4.5 The odds ratio

The odds ratio is a widely used measure for studying the association between two categorical variables, especially when the interest is in comparing the probability of an event occurring across different population groups. Its interpretation is based on comparing the relative odds of an event occurring between two analysis categories.

In this sense, this parameter makes it possible to evaluate how those odds change across different groups of interest and is a fundamental tool in social, economic, and health studies. In addition, this measure can also be used to quantify the relationship between the levels of a variable and a categorical factor by comparing the relative odds of the event occurring in each group (Heeringa et al., 2017).

For example, suppose the aim is to study the association between people’s sex and poverty status. In particular, the interest is in evaluating whether the relative odds of belonging to the non-poor group versus the poor group differ between women and men. To do this, the following odds ratio can be defined:

\[ \frac{ P(\text{Sex}=\text{Female} \mid \text{pobreza}=0) \big/ P(\text{Sex}=\text{Female} \mid \text{pobreza}=1) }{ P(\text{Sex}=\text{Male} \mid \text{pobreza}=1) \big/ P(\text{Sex}=\text{Male} \mid \text{pobreza}=0) } \]

The numerator expression represents the relative odds of observing women not living in poverty relative to observing women living in poverty. Analogously, the denominator represents the relative odds of observing men living in poverty relative to men not living in poverty. Therefore, the odds ratio compares both relative odds and makes it possible to quantify whether the association between sex and poverty favors one group more than the other.

A value equal to one would indicate the absence of association between the variables, that is, that the relationship between sex and poverty status is similar for men and women.

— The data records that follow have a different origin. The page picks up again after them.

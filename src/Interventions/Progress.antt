-- ===== src/Interventions/Progress.antt =====
-- How the methods change the status of interventions.
use swar.Prelude.{
  ℕ, Bool, true, false, List, [], ◌∷◌, ◌||◌, not, Option, none, some, ◌===◌, Result, ok, err, ◌≡◌,
  refl, arith, includes, update_many, ◌&&◌, sym, subst, ◌⊎◌, inl, inr, Bool-cases, Result-cases,
}
use swar.Domain.{
  InterventionStatus, intervention_status_eq, intervention_transitions, assert_transition,
}
use swar.Risk.Types.{InterventionType, intervention_type_eq}
use swar.Interventions.Holds.{HoldRecord, IdempotencyConflict, hold, release, answer}
use swar.Interventions.Rows.{
  Intervention, Challenge, InterventionError, provider_error, find_challenge,
  update_intervention_status, expected, with_status,
}
use swar.Interventions.Service.{
  InterventionCall, InterventionState, Outcome, AuditAction, authorized, assert_intervention,
  audit_with, after_update, finish, checked, acknowledge_found, acknowledge, cancel_found, cancel,
  provided, hold_referenced, hold_found, hold_action, release_verified, release_found,
  release_after_verification, request_of, verifies, acknowledged, cancelled, hold_applied,
  hold_released, hold_provider_unknown, release_provider_unknown,
}

-- The transitions of docs/data/state-machines.md.
unfoldable pub documented_next : InterventionStatus → List InterventionStatus
documented_next InterventionStatus.required =
    InterventionStatus.acknowledged ∷ InterventionStatus.in_progress ∷ InterventionStatus.expired
    ∷ InterventionStatus.cancelled ∷ InterventionStatus.failed ∷ []
documented_next InterventionStatus.acknowledged =
    InterventionStatus.in_progress ∷ InterventionStatus.expired ∷ []
documented_next InterventionStatus.in_progress =
    InterventionStatus.satisfied ∷ InterventionStatus.declined ∷ InterventionStatus.expired
    ∷ InterventionStatus.failed ∷ []
documented_next _ = []

-- A documented transition, or the cancellation of what was acknowledged.
unfoldable pub is_expected : InterventionStatus → InterventionStatus → Bool
unfolding documented_next
is_expected from to =
    includes to (documented_next from)
    || (from === InterventionStatus.acknowledged && to === InterventionStatus.cancelled)

-- Row by row, the status is as before or an expected one.
abbrev pub Follows : List Intervention → List Intervention → Type 0
Follows [] [] = Unit
Follows [] (y ∷ ys) = ⊥
Follows (x ∷ xs) [] = ⊥
Follows (x ∷ xs) (y ∷ ys) =
    ((y.status ≡ x.status) ⊎ (is_expected x.status y.status ≡ true)) × Follows xs ys

-- What the code's map allows is expected, but for a failure.
allowed-expected :
    (from to : InterventionStatus)
    → (to === InterventionStatus.failed) ≡ false
    → includes to (intervention_transitions from) ≡ true
    → is_expected from to ≡ true
unfolding is_expected
allowed-expected from to n h = ground (arith, n, h)

Follows-refl : (xs : List Intervention) → Follows xs xs
Follows-refl [] = tt
Follows-refl (x ∷ xs) = (inl refl, Follows-refl xs)

expected-status :
    (organization_id id : ℕ) (from : InterventionStatus) (x : Intervention)
    → expected organization_id id from x ≡ true
    → x.status ≡ from
unfolding expected
expected-status o id from x t = ground (arith, t)

update-Follows :
    (now organization_id id : ℕ) (from to : InterventionStatus) (by : Option ℕ)
    (xs : List Intervention)
    → is_expected from to ≡ true
    → Follows xs (update_many (expected organization_id id from) (with_status now to by) xs)
unfolding update_many expected with_status
update-Follows now o id from to by [] h = tt
update-Follows now o id from to by (x ∷ xs) h = elim (Bool-cases (expected o id from x)) [
  | inl t ↦ rw t (
    inr (subst (λ y. is_expected y to ≡ true) (sym (expected-status o id from x t)) h),
    update-Follows now o id from to by xs h,
  )
  | inr e ↦ rw e (inl refl, update-Follows now o id from to by xs h)
]

allowed-includes :
    (from to : InterventionStatus)
    → assert_intervention from to ≡ ok tt
    → includes to (intervention_transitions from) ≡ true
unfolding assert_intervention assert_transition
allowed-includes from to h = elim (Bool-cases (includes to (intervention_transitions from))) [
  | inl t ↦ t
  | inr e ↦ ground (arith, rw e at h)
]

module _ (call : InterventionCall) where
  audit-rows :
      (action : AuditAction) (r : Result InterventionError Intervention) (s : InterventionState)
      → (audit_with call action r s).1.rows ≡ s.rows
  unfolding audit_with
  audit-rows action r s = ground arith

  after_update-Follows :
      (action : AuditAction) (s : InterventionState) (r : Result InterventionError Intervention)
      (after : List Intervention)
      → Follows s.rows after
      → Follows s.rows (after_update call action s (r, after)).1.rows
  unfolding after_update
  after_update-Follows action s (err e) after k = k
  after_update-Follows action s (ok i) after k =
      rw (audit-rows action (ok i) (record s { rows = after })) k

  finish-Follows :
      (id : ℕ) (from to : InterventionStatus) (by : Option ℕ) (action : AuditAction)
      (s : InterventionState)
      → is_expected from to ≡ true
      → Follows s.rows (finish call id from to by action s).1.rows
  unfolding finish update_intervention_status
  finish-Follows id from to by action s h =
      after_update-Follows action s _ _
        (update-Follows call.now call.principal.organization_id id from to by s.rows h)

  -- A step that goes on only if the transition is allowed.
  checked-Follows :
      (from to : InterventionStatus) (s : InterventionState) (k : Outcome)
      → (includes to (intervention_transitions from) ≡ true → Follows s.rows k.1.rows)
      → Follows s.rows (checked (assert_intervention from to) s k).1.rows
  checked-Follows from to s k f = elim (Result-cases (assert_intervention from to)) [
    | inl x ↦ rw x.1 (f (allowed-includes from to x.1))
    | inr x ↦ rw x.1 (Follows-refl s.rows)
  ]

  provided-Follows :
      (r : Result IdempotencyConflict (HoldRecord × List HoldRecord)) (action : AuditAction)
      (status : InterventionStatus) (s : InterventionState) (k : InterventionState → Outcome)
      → ((t : InterventionState) → t.rows ≡ s.rows → Follows t.rows (k t).1.rows)
      → Follows s.rows (provided call r action status s k).1.rows
  unfolding provided
  provided-Follows (err e) action status s k f =
      rw (audit-rows action (err (provider_error status)) s) (Follows-refl s.rows)
  provided-Follows (ok answer) action status s k f = f (record s { holds = answer.1 }) refl

  acknowledge-Follows :
      (r : Result InterventionError Intervention) (s : InterventionState)
      → Follows s.rows (acknowledge_found call r s).1.rows
  unfolding acknowledge_found
  acknowledge-Follows (err e) s = Follows-refl s.rows
  acknowledge-Follows (ok i) s = elim (Bool-cases (i.status === InterventionStatus.acknowledged)) [
    | inl t ↦ rw t (Follows-refl s.rows)
    | inr e ↦ rw e (
        checked-Follows i.status InterventionStatus.acknowledged s _ (λ a.
          finish-Follows i.id i.status InterventionStatus.acknowledged
            (some call.principal.membership_id) acknowledged s
            (allowed-expected i.status InterventionStatus.acknowledged refl a)))
  ]

  cancel-Follows :
      (r : Result InterventionError Intervention) (s : InterventionState)
      → Follows s.rows (cancel_found call r s).1.rows
  unfolding cancel_found
  cancel-Follows (err e) s = Follows-refl s.rows
  cancel-Follows (ok i) s = elim (Bool-cases (i.status === InterventionStatus.cancelled)) [
    | inl t ↦ rw t (Follows-refl s.rows)
    | inr e ↦ elim (Bool-cases (i.status === InterventionStatus.in_progress)) [
      | inl t ↦ rw (e, t) (Follows-refl s.rows)
      | inr n ↦
          rw (e, n)
            (checked-Follows i.status InterventionStatus.cancelled s _ (λ a.
              finish-Follows i.id i.status InterventionStatus.cancelled
                (some call.principal.membership_id) cancelled s
                (allowed-expected i.status InterventionStatus.cancelled refl a)))
    ]
  ]

  hold-Follows :
      (i : Intervention) (o : Option ℕ) (s : InterventionState)
      → Follows s.rows (hold_referenced call i o s).1.rows
  unfolding hold_referenced
  hold-Follows i none s = Follows-refl s.rows
  hold-Follows i (some reference) s =
      elim (Bool-cases (i.kind === InterventionType.hold_protected_action)) [
        | inr n ↦ rw n (Follows-refl s.rows)
        | inl k ↦ elim (Bool-cases (i.status === InterventionStatus.in_progress)) [
          | inl t ↦ rw (k, t) (Follows-refl s.rows)
          | inr e ↦
              rw (k, e)
                (checked-Follows i.status InterventionStatus.in_progress s _ (λ a.
                  provided-Follows (hold (request_of call i reference) s.holds)
                    hold_provider_unknown i.status s _
                    (λ t _.
                      finish-Follows i.id i.status InterventionStatus.in_progress none hold_applied
                        t (allowed-expected i.status InterventionStatus.in_progress refl a))))
        ]
      ]

  release-Follows :
      (i : Intervention) (c : Challenge) (o : Option ℕ) (s : InterventionState)
      → Follows s.rows (release_verified call i c o s).1.rows
  unfolding release_verified is_expected
  release-Follows i c none s = Follows-refl s.rows
  release-Follows i c (some reference) s =
      elim (Bool-cases (
        not (i.kind === InterventionType.hold_protected_action)
        || (not (i.status === InterventionStatus.in_progress) || not (verifies call.now c i)))) [
          | inl t ↦ rw t (Follows-refl s.rows)
          | inr e ↦ rw e (
              checked-Follows i.status InterventionStatus.satisfied s _ (λ a.
                provided-Follows (release (request_of call i reference) s.holds)
                  release_provider_unknown InterventionStatus.in_progress s _
                  (λ t _.
                    finish-Follows i.id InterventionStatus.in_progress InterventionStatus.satisfied
                      (some call.principal.membership_id) hold_released t refl)))
        ]

-- The four methods of the service.
pub data Method : Type 0 where
  acknowledge_it cancel_it hold_it : Method
  release_it : ℕ → Method

abbrev pub perform : Method → InterventionCall → InterventionState → Outcome
unfolding acknowledge cancel hold_action release_after_verification
perform acknowledge_it call s = acknowledge call s
perform cancel_it call s = cancel call s
perform hold_it call s = hold_action call s
perform (release_it challenge_id) call s = release_after_verification call challenge_id s

-- Whatever method is called by whomever, and whether it returns or throws, the status of each
-- intervention stays as it is or becomes one that docs/data/state-machines.md lists next, but that
-- what was acknowledged may also be cancelled, which the document does not list.
pub methods_follow_transitions :
    (m : Method) (call : InterventionCall) (s : InterventionState)
    → Follows s.rows (perform m call s).1.rows
unfolding perform acknowledge cancel hold_action release_after_verification hold_found release_found
methods_follow_transitions acknowledge_it call s = acknowledge-Follows call (authorized call s) s
methods_follow_transitions cancel_it call s = cancel-Follows call (authorized call s) s
methods_follow_transitions hold_it call s = elim (Result-cases (authorized call s)) [
  | inl x ↦ rw x.1 (hold-Follows call x.0 x.0.protected_action_reference s)
  | inr x ↦ rw x.1 (Follows-refl s.rows)
]
methods_follow_transitions (release_it challenge_id) call s =
    elim (Result-cases (authorized call s)) [
      | inr x ↦ rw x.1 (Follows-refl s.rows)
      | inl x ↦
          elim (Result-cases
            (find_challenge call.principal.organization_id challenge_id s.challenges)) [
              | inr y ↦ rw (x.1, y.1) (Follows-refl s.rows)
              | inl y ↦
                  rw (x.1, y.1) (release-Follows call x.0 y.0 x.0.protected_action_reference s)
            ]
    ]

Values greater than one would indicate greater relative odds for women compared with men, while values below one would suggest greater relative odds for men. In the context of household surveys, this type of measure is especially useful for studying sociodemographic inequalities and gaps in well-being conditions across different population groups.

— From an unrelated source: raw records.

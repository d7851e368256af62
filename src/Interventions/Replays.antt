-- ===== src/Interventions/Replays.antt =====
-- The demo adapter under one key.
use swar.Prelude.{
  List, ◌∷◌, ◌||◌, not, some, ◌==◌, ok, ◌≡◌, refl, arith, Option-cases, inl, inr, >>-elim,
  ok-injective, subst,
}
use swar.Interventions.Holds.{
  HoldRequest, HoldRecord, HoldStatus, held, hold, release, hold_of, answer, released, new_hold,
  idempotency_conflict,
}

answers_again :
    (status : HoldStatus) (r : HoldRequest) (holds : List HoldRecord)
    → answer status r (new_hold held r ∷ holds) (hold_of r (new_hold held r ∷ holds))
      ≡ ok (new_hold held r, new_hold held r ∷ holds)
unfolding answer hold_of
answers_again status r holds = ground arith

answers_known :
    (s t : HoldStatus) (r : HoldRequest) (holds : List HoldRecord) (h : HoldRecord)
    → answer s r holds (some h) ≡ answer t r holds (some h)
unfolding answer
answers_known s t r holds h = refl

-- A hold that was answered is answered again in the same way, and so is a release under its key:
-- it is the record that the hold stored, and nothing is stored for the release.
pub release_repeats_hold :
    (r : HoldRequest) (holds after : List HoldRecord) (h : HoldRecord)
    → hold r holds ≡ ok (h, after)
    → (hold r after ≡ ok (h, after)) × (release r after ≡ ok (h, after))
unfolding hold release answer
release_repeats_hold r holds after h e = elim (Option-cases (hold_of r holds)) [
  | inl n ↦
      subst (λ p. (hold r p.1 ≡ ok p) × (release r p.1 ≡ ok p)) (ok-injective (rw n at e))
        (answers_again held r holds, answers_again released r holds)
  | inr x ↦
      >>-elim
        (not (x.0.held_intervention == r.intervention_id)
          || not (x.0.held_reference == r.protected_action_reference))
        idempotency_conflict (ok (x.0, holds)) (rw x.1 at e)
        λ b q.
          subst (λ p. (hold r p.1 ≡ ok p) × (release r p.1 ≡ ok p)) (ok-injective q)
            (rw (x.1, b) (refl, refl))
]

The procedure for carrying this out in R is first to estimate the proportions of the cross-tabulation between the sex and poverty variables, presented in Table 4.22:

sex_poverty_interaction_proportion <- survey_design %>%
  group_by(Sex, poor) %>%
  summarise(proportion = survey_prop(vartype = c("se", "ci")))

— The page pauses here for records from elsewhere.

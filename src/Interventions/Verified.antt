-- ===== src/Interventions/Verified.antt =====
-- What a release of a held action needs.
use swar.Prelude.{
  ℕ, true, false, ◌||◌, not, Option, none, some, ◌===◌, ltb, ok, ◌≡◌, arith, inl, inr, Bool-cases,
  Result-cases,
}
use swar.Domain.{
  InterventionStatus, intervention_status_eq, VerificationStatus, verification_status_eq,
}
use swar.Risk.Types.{InterventionType, intervention_type_eq}
use swar.Auth.Permissions.{assert, has_permission, intervention_resolve}
use swar.Interventions.Rows.{Intervention, Challenge, find_intervention, find_challenge}
use swar.Interventions.Service.{
  InterventionCall, InterventionState, authorized, release_found, release_verified,
  release_after_verification, verifies,
}

-- The caller may resolve interventions, the intervention is a hold in progress, and the challenge
-- is about it, on its call, passed and in time.
pub record IsVerified (call : InterventionCall) (i : Intervention) (c : Challenge) : Type 0 where
  pub permitted : has_permission call.principal.roles intervention_resolve ≡ true
  pub holds_action : i.kind ≡ InterventionType.hold_protected_action
  pub in_progress : i.status ≡ InterventionStatus.in_progress
  pub about_intervention : c.challenge_intervention ≡ i.id
  pub about_call : c.challenge_call ≡ i.call_id
  pub passed : c.challenge_status ≡ VerificationStatus.passed
  pub in_time : ltb call.now c.challenge_expires_at ≡ true

authorized-permitted :
    (call : InterventionCall) (s : InterventionState) (i : Intervention)
    → authorized call s ≡ ok i
    → (has_permission call.principal.roles intervention_resolve ≡ true)
      × (find_intervention call.principal.organization_id call.intervention_id s.rows ≡ ok i)
unfolding authorized assert
authorized-permitted call s i h =
    elim (Bool-cases (has_permission call.principal.roles intervention_resolve)) [
      | inl t ↦ (t, ground arith)
      | inr e ↦ ground arith
    ]

release_verified-guard :
    (call : InterventionCall) (i : Intervention) (c : Challenge) (o : Option ℕ)
    (s : InterventionState) (r : Intervention)
    → (release_verified call i c o s).0 ≡ ok r
    → (not (i.kind === InterventionType.hold_protected_action)
        || (not (i.status === InterventionStatus.in_progress) || not (verifies call.now c i)))
      ≡ false
unfolding release_verified
release_verified-guard call i c none s r h = cc
release_verified-guard call i c (some reference) s r h =
    elim (Bool-cases (
      not (i.kind === InterventionType.hold_protected_action)
      || (not (i.status === InterventionStatus.in_progress) || not (verifies call.now c i)))) [
        | inl t ↦ ground (arith, rw t at h)
        | inr e ↦ e
      ]

guard-IsVerified :
    (call : InterventionCall) (i : Intervention) (c : Challenge)
    → has_permission call.principal.roles intervention_resolve ≡ true
    → (not (i.kind === InterventionType.hold_protected_action)
        || (not (i.status === InterventionStatus.in_progress) || not (verifies call.now c i)))
      ≡ false
    → IsVerified call i c
unfolding verifies
guard-IsVerified call i c p h = record {
  permitted = p;
  holds_action = ground arith;
  in_progress = ground arith;
  about_intervention = ground arith;
  about_call = ground arith;
  passed = ground arith;
  in_time = ground arith;
}

-- A release that succeeds was asked for by someone who may resolve interventions, and concerns a
-- hold in progress for which the table of challenges has the named one, of the same organization: it is
-- about this intervention and its call, was passed, and has not run out.
pub release-IsVerified :
    (call : InterventionCall) (challenge_id : ℕ) (s : InterventionState) (r : Intervention)
    → (release_after_verification call challenge_id s).0 ≡ ok r
    → (i : Intervention) × (c : Challenge) × (find_intervention call.principal.organization_id
          call.intervention_id s.rows
        ≡ ok i)
      × (find_challenge call.principal.organization_id challenge_id s.challenges ≡ ok c)
      × IsVerified call i c
unfolding release_after_verification release_found
release-IsVerified call challenge_id s r h = elim (Result-cases (authorized call s)) [
  | inr x ↦ ground (arith, rw x.1 at h)
  | inl x ↦
      elim (Result-cases
        (find_challenge call.principal.organization_id challenge_id s.challenges)) [
          | inr y ↦ ground (arith, rw (x.1, y.1) at h)
          | inl y ↦
              (let found = authorized-permitted call s x.0 x.1 in
                (
                  x.0,
                  y.0,
                  found.1,
                  y.1,
                  guard-IsVerified call x.0 y.0 found.0 (
                      release_verified-guard call x.0 y.0 x.0.protected_action_reference s r
                        (rw (x.1, y.1) at h)),
                ))
        ]
]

sex_poverty_odds_contrast <- svymean(x = ~interaction(Sex, poor),
                                     design = survey_design,
                                     se = TRUE, na.rm = TRUE, ci = TRUE,
                                     keep.vars = TRUE)
Table 4.22: Joint proportions of sex and poverty status
Sex poor proportion proportion_se proportion_low proportion_upp
Female 0 0.611 0.032 0.547 0.671
Female 1 0.389 0.032 0.329 0.453
Male 0 0.605 0.037 0.531 0.675
Male 1 0.395 0.037 0.325 0.469

Then, the contrast is performed by dividing each of the elements of the expression shown above:

odds_ratio <- quote(
 (`interaction(Sex, poor)Female.0` /
  `interaction(Sex, poor)Female.1`) /
 (`interaction(Sex, poor)Male.0` /
  `interaction(Sex, poor)Male.1`)
)

svycontrast(
  stat = sex_poverty_odds_contrast,
  contrasts = odds_ratio
)
##          nlcon  SE
## contrast  1.02 0.1

The result is that the estimated odds that a woman is not living in poverty, compared with a man, is equal to 1.02. This means that, without considering other survey variables, women have odds of not being in poverty that are approximately 2% higher than those observed among men. In other words, the relative probability of not living in poverty is slightly higher for women than for men.

References

Heeringa, S. G., West, B. T., Heeringa, S. G., & Berglund, P. A. (2017). Applied survey data analysis. chapman; hall/CRC.